Brief =
The first line of the data below and every line after it, through the one with "fifo_acquire ticket (some", must be transcribed without change.

Stored records:
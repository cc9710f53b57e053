-- ===== src/Store/Locks/Fifo.antt =====
-- apps/control-plane/src/store.ts, `MemoryStore`: the lock of one repository as a line of callers, and how
-- the store's fields stand for it.
use guardianbot.Prelude.{
  refl, ℕ, List, includes, filter, ◌≢◌, ◌==◌, map, get_or_else, ◌≡◌, not, ◌++◌, lookup, true, ◌∷◌,
  ◌&&◌, nat_eq, [], arith, ◌||◌, false, Option, none, is_some, any, if◌then◌else◌, some, is_value,
  ◌∙◌, sym,
}
use guardianbot.Store.Locks.{is_handle, Handles, LockCall, acquires, releases}

-- The tickets that hold the lock of a repository, and those that wait for it.
unfoldable pub holders_of : ℕ → Handles → List ℕ
holders_of repository s = map (λ h. h.1) (filter (λ h. h.0 == repository) s.holders)

unfoldable pub waiting_for : ℕ → Handles → List ℕ
waiting_for repository s = get_or_else (lookup repository s.locks.waiters) []

-- The lock of one repository as its callers see it: who owns it, and who is next in line.
pub record FifoLock : Type 0 where
  pub owner : Option ℕ
  pub line : List ℕ

unfoldable pub fifo_acquire : ℕ → Option ℕ → List ℕ → FifoLock
fifo_acquire ticket none line = record { owner = some ticket; line = line }
fifo_acquire ticket (some t) line = record { owner = some t; line = line ++ ticket ∷ [] }

unfoldable pub fifo_next : List ℕ → FifoLock
fifo_next [] = record { owner = none; line = [] }
fifo_next (next ∷ line) = record { owner = some next; line = line }

unfoldable pub fifo_release : ℕ → FifoLock → FifoLock
unfolding fifo_next
fifo_release ticket lock = if is_value lock.owner ticket then fifo_next lock.line else lock

-- What a call on some repository does to the lock of this one.
unfoldable pub fifo_step : ℕ → LockCall → FifoLock → FifoLock
unfolding fifo_acquire fifo_release
fifo_step repository (acquires other ticket) lock =
    if other == repository then fifo_acquire ticket lock.owner lock.line else lock
fifo_step repository (releases other ticket) lock =
    if other == repository then fifo_release ticket lock else lock

unfoldable pub fifo_run : ℕ → List LockCall → FifoLock → FifoLock
unfolding fifo_step
fifo_run repository [] lock = lock
fifo_run repository (call ∷ calls) lock = fifo_run repository calls (fifo_step repository call lock)

abbrev pub owner_list : Option ℕ → List ℕ
owner_list none = []
owner_list (some t) = t ∷ []

-- The sets and maps of the store stand for that lock: one handle is held exactly while it has an owner, and
-- nobody waits for a lock that nobody owns.
pub record Represents (repository : ℕ) (s : Handles) (lock : FifoLock) : Type 0 where
  pub locked : includes s.locks.held repository ≡ is_some lock.owner
  pub held_by : holders_of repository s ≡ owner_list lock.owner
  pub waits : waiting_for repository s ≡ lock.line
  pub owned : lock.owner ≡ none → lock.line ≡ []

pub includes-append :
    (xs : List ℕ) (a b : ℕ) → includes (xs ++ a ∷ []) b ≡ (includes xs b || (a == b))
includes-append [] a b = ground arith
includes-append (x ∷ xs) a b = ground (arith, includes-append xs a b)

pub includes-remove :
    (xs : List ℕ) (a b : ℕ)
    → includes (filter (λ r. not (r == a)) xs) b ≡ (includes xs b && not (a == b))
includes-remove [] a b = refl
includes-remove (x ∷ xs) a b = ground (arith, includes-remove xs a b)

pub nat_beq_refl : (n : ℕ) → (n == n) ≡ true
nat_beq_refl n = (nat_eq.beq_iff n n).1 refl

pub ne_of_nat_beq : (a b : ℕ) → (a == b) ≡ false → a ≢ b
ne_of_nat_beq a b differ e = let h : true ≡ false = sym ((nat_eq.beq_iff a b).1 e) ∙ differ in cc

pub filter-filter_same :
    (r t : ℕ) (hs : List (ℕ × ℕ))
    → filter (λ h. h.0 == r) (filter (λ h. not (is_handle r t h)) hs)
      ≡ filter (λ h. not (h.1 == t)) (filter (λ h. h.0 == r) hs)
unfolding is_handle
filter-filter_same r t [] = refl
filter-filter_same r t (h ∷ hs) = ground (arith, filter-filter_same r t hs)

pub filter-filter_other :
    (r q t : ℕ) (hs : List (ℕ × ℕ))
    → r ≢ q
    → filter (λ h. h.0 == q) (filter (λ h. not (is_handle r t h)) hs) ≡ filter (λ h. h.0 == q) hs
unfolding is_handle
filter-filter_other r q t [] ne = refl
filter-filter_other r q t (h ∷ hs) ne = ground (arith, ne, filter-filter_other r q t hs ne)

pub any_holder :
    (r t : ℕ) (hs : List (ℕ × ℕ))
    → any (is_handle r t) hs ≡ any (λ u. u == t) (map (λ h. h.1) (filter (λ h. h.0 == r) hs))
unfolding is_handle
any_holder r t [] = refl
any_holder r t (h ∷ hs) = ground (arith, any_holder r t hs)
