-- ===== src/Store/Locks/Own.antt =====
-- apps/control-plane/src/store.ts, `MemoryStore`: lemmas on a repository's lock under its own calls.
use guardianbot.Prelude.{
  refl, ℕ, List, includes, filter, ◌==◌, map, get_or_else, ◌≡◌, not, ◌++◌, lookup, true, ◌∷◌, ◌&&◌,
  nat_eq, [], arith, ◌||◌, false, Option, none, any, some, is_value, ◌∙◌, ap, lookup-insert_self,
  Bool, Bool-cases, inr, inl, lookup-delete_self, subst,
}
use guardianbot.Store.Locks.{
  is_handle, Handles, lock_step, granted_now, acquires, acquire_lock, releases, granted_next,
  release_lock, hand_over, shift_waiter, Locks,
}
use guardianbot.Store.Locks.Fifo.{
  fifo_acquire, filter-filter_same, includes-remove, fifo_next, holders_of, fifo_release,
  waiting_for, nat_beq_refl, FifoLock, Represents, includes-append, owner_list, any_holder,
}

module _ (r : ℕ) where
  -- A caller that finds the lock free owns it; one that finds it held is last in line.
  pub acquire-Represents :
      (t : ℕ) (s : Handles) (owner : Option ℕ) (line : List ℕ)
      → Represents r s (record { owner = owner; line = line })
      → Represents r (lock_step (acquires r t) s) (fifo_acquire t owner line)
  unfolding lock_step granted_now acquire_lock fifo_acquire holders_of waiting_for
  acquire-Represents t s none line h = rw h.locked (record {
    locked = includes-append s.locks.held r r ∙ rw (h.locked, nat_beq_refl r) refl;
    held_by = rw (nat_beq_refl r) (ap (λ ts. t ∷ ts) h.held_by);
    waits = h.waits;
    owned = (λ e. cc);
  })
  acquire-Represents t s (some o) line h = rw h.locked (record {
    locked = h.locked;
    held_by = h.held_by;
    waits =
        rw
          (lookup-insert_self r (get_or_else (lookup r s.locks.waiters) [] ++ t ∷ [])
            s.locks.waiters)
          (ap (λ ws. ws ++ t ∷ []) h.waits);
    owned = (λ e. cc);
  })

map-filter_tickets :
    (t : ℕ) (hs : List (ℕ × ℕ))
    → map (λ h. h.1) (filter (λ h. not (h.1 == t)) hs)
      ≡ filter (λ u. not (u == t)) (map (λ h. h.1) hs)
map-filter_tickets t [] = refl
map-filter_tickets t (h ∷ hs) = ground (arith, map-filter_tickets t hs)

module _ (r : ℕ) where
  -- The handles that are left when the owner's is released.
  left_handles : ℕ → List (ℕ × ℕ) → List (ℕ × ℕ)
  left_handles t hs = filter (λ handle. not (is_handle r t handle)) hs

  left_holders :
      (t o : ℕ) (hs : List (ℕ × ℕ))
      → map (λ h. h.1) (filter (λ h. h.0 == r) hs) ≡ o ∷ []
      → (o == t) ≡ true
      → map (λ h. h.1) (filter (λ h. h.0 == r) (left_handles t hs)) ≡ []
  unfolding left_handles
  left_holders t o hs held same =
      ap (map (λ h. h.1)) (filter-filter_same r t hs)
      ∙ map-filter_tickets t (filter (λ h. h.0 == r) hs)
      ∙ ap (filter (λ u. not (u == t))) held
      ∙ rw same refl

  freed : (xs : List ℕ) → includes (filter (λ q. not (q == r)) xs) r ≡ false
  freed xs = includes-remove xs r r ∙ rw (nat_beq_refl r) (and_false (includes xs r))
    where
      and_false : (b : Bool) → (b && false) ≡ false
      and_false b = ground arith

  -- The owner's release: the lock goes to the first in line, or is free.
  hand_over-Represents :
      (locks : Locks) (hs : List (ℕ × ℕ)) (found : Option (List ℕ))
      → lookup r locks.waiters ≡ found
      → includes locks.held r ≡ true
      → map (λ h. h.1) (filter (λ h. h.0 == r) hs) ≡ []
      → Represents r
          (granted_next r (hand_over r (shift_waiter r found locks)) hs)
          (fifo_next (get_or_else found []))
  unfolding granted_next hand_over shift_waiter fifo_next holders_of waiting_for
  hand_over-Represents locks hs none e held empty = record {
    locked = freed locks.held;
    held_by = empty;
    waits = rw e refl;
    owned = (λ o. refl);
  }
  hand_over-Represents locks hs (some []) e held empty = record {
    locked = freed locks.held;
    held_by = empty;
    waits = rw (lookup-delete_self r locks.waiters) refl;
    owned = (λ o. refl);
  }
  hand_over-Represents locks hs (some (next ∷ [])) e held empty = record {
    locked = held;
    held_by = rw (nat_beq_refl r) (ap (λ ts. next ∷ ts) empty);
    waits = rw (lookup-delete_self r locks.waiters) refl;
    owned = (λ o. refl);
  }
  hand_over-Represents locks hs (some (next ∷ later ∷ rest)) e held empty = record {
    locked = held;
    held_by = rw (nat_beq_refl r) (ap (λ ts. next ∷ ts) empty);
    waits = rw (lookup-insert_self r (later ∷ rest) locks.waiters) refl;
    owned = (λ o. cc);
  }

  owner_holds :
      (t : ℕ) (s : Handles) (lock : FifoLock)
      → Represents r s lock
      → any (is_handle r t) s.holders ≡ is_value lock.owner t
  unfolding holders_of
  owner_holds t s lock h =
      any_holder r t s.holders ∙ ap (any (λ u. u == t)) h.held_by ∙ one lock.owner
    where
      or_false : (b : Bool) → (b || false) ≡ b
      or_false b = ground arith

      one : (owner : Option ℕ) → any (λ u. u == t) (owner_list owner) ≡ is_value owner t
      one none = refl
      one (some o) = or_false (o == t)

  owner-release :
      (t : ℕ) (s : Handles) (owner : Option ℕ) (line : List ℕ)
      → Represents r s (record { owner = owner; line = line })
      → is_value owner t ≡ true
      → Represents r
          (granted_next r (release_lock r s.locks) (left_handles t s.holders))
          (fifo_next line)
  unfolding release_lock holders_of waiting_for
  owner-release t s none line h owns = let e : false ≡ true = owns in cc
  owner-release t s (some o) line h owns =
      subst
        (λ w.
          Represents r (granted_next r (release_lock r s.locks) (left_handles t s.holders))
            (fifo_next w))
        h.waits
        (hand_over-Represents s.locks (left_handles t s.holders) (lookup r s.locks.waiters) refl
          h.locked (left_holders t o s.holders h.held_by owns))

  pub release-Represents :
      (t : ℕ) (s : Handles) (lock : FifoLock)
      → Represents r s lock
      → Represents r (lock_step (releases r t) s) (fifo_release t lock)
  unfolding lock_step fifo_release left_handles
  release-Represents t s lock h = elim (Bool-cases (is_value lock.owner t)) [
    | inr foreign ↦ rw (owner_holds t s lock h, foreign) h
    | inl owns ↦ rw (owner_holds t s lock h, owns) (owner-release t s lock.owner lock.line h owns)
  ]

Exercise output =
repository cc9710f53b57e053
-- ===== src/Store/Locks/Fifo.antt =====
-- apps/control-plane/src/store.ts, `MemoryStore`: the lock of one repository as a line of callers, and how
-- the store's fields stand for it.
use guardianbot.Prelude.{
  refl, ℕ, List, includes, filter, ◌≢◌, ◌==◌, map, get_or_else, ◌≡◌, not, ◌++◌, lookup, true, ◌∷◌,
  ◌&&◌, nat_eq, [], arith, ◌||◌, false, Option, none, is_some, any, if◌then◌else◌, some, is_value,
  ◌∙◌, sym,
}
use guardianbot.Store.Locks.{is_handle, Handles, LockCall, acquires, releases}

-- The tickets that hold the lock of a repository, and those that wait for it.
unfoldable pub holders_of : ℕ → Handles → List ℕ
holders_of repository s = map (λ h. h.1) (filter (λ h. h.0 == repository) s.holders)

unfoldable pub waiting_for : ℕ → Handles → List ℕ
waiting_for repository s = get_or_else (lookup repository s.locks.waiters) []

-- The lock of one repository as its callers see it: who owns it, and who is next in line.
pub record FifoLock : Type 0 where
  pub owner : Option ℕ
  pub line : List ℕ

unfoldable pub fifo_acquire : ℕ → Option ℕ → List ℕ → FifoLock
fifo_acquire ticket none line = record { owner = some ticket; line = line }
fifo_acquire ticket (some t) line = record { owner = some t; line = line ++ ticket ∷ [] }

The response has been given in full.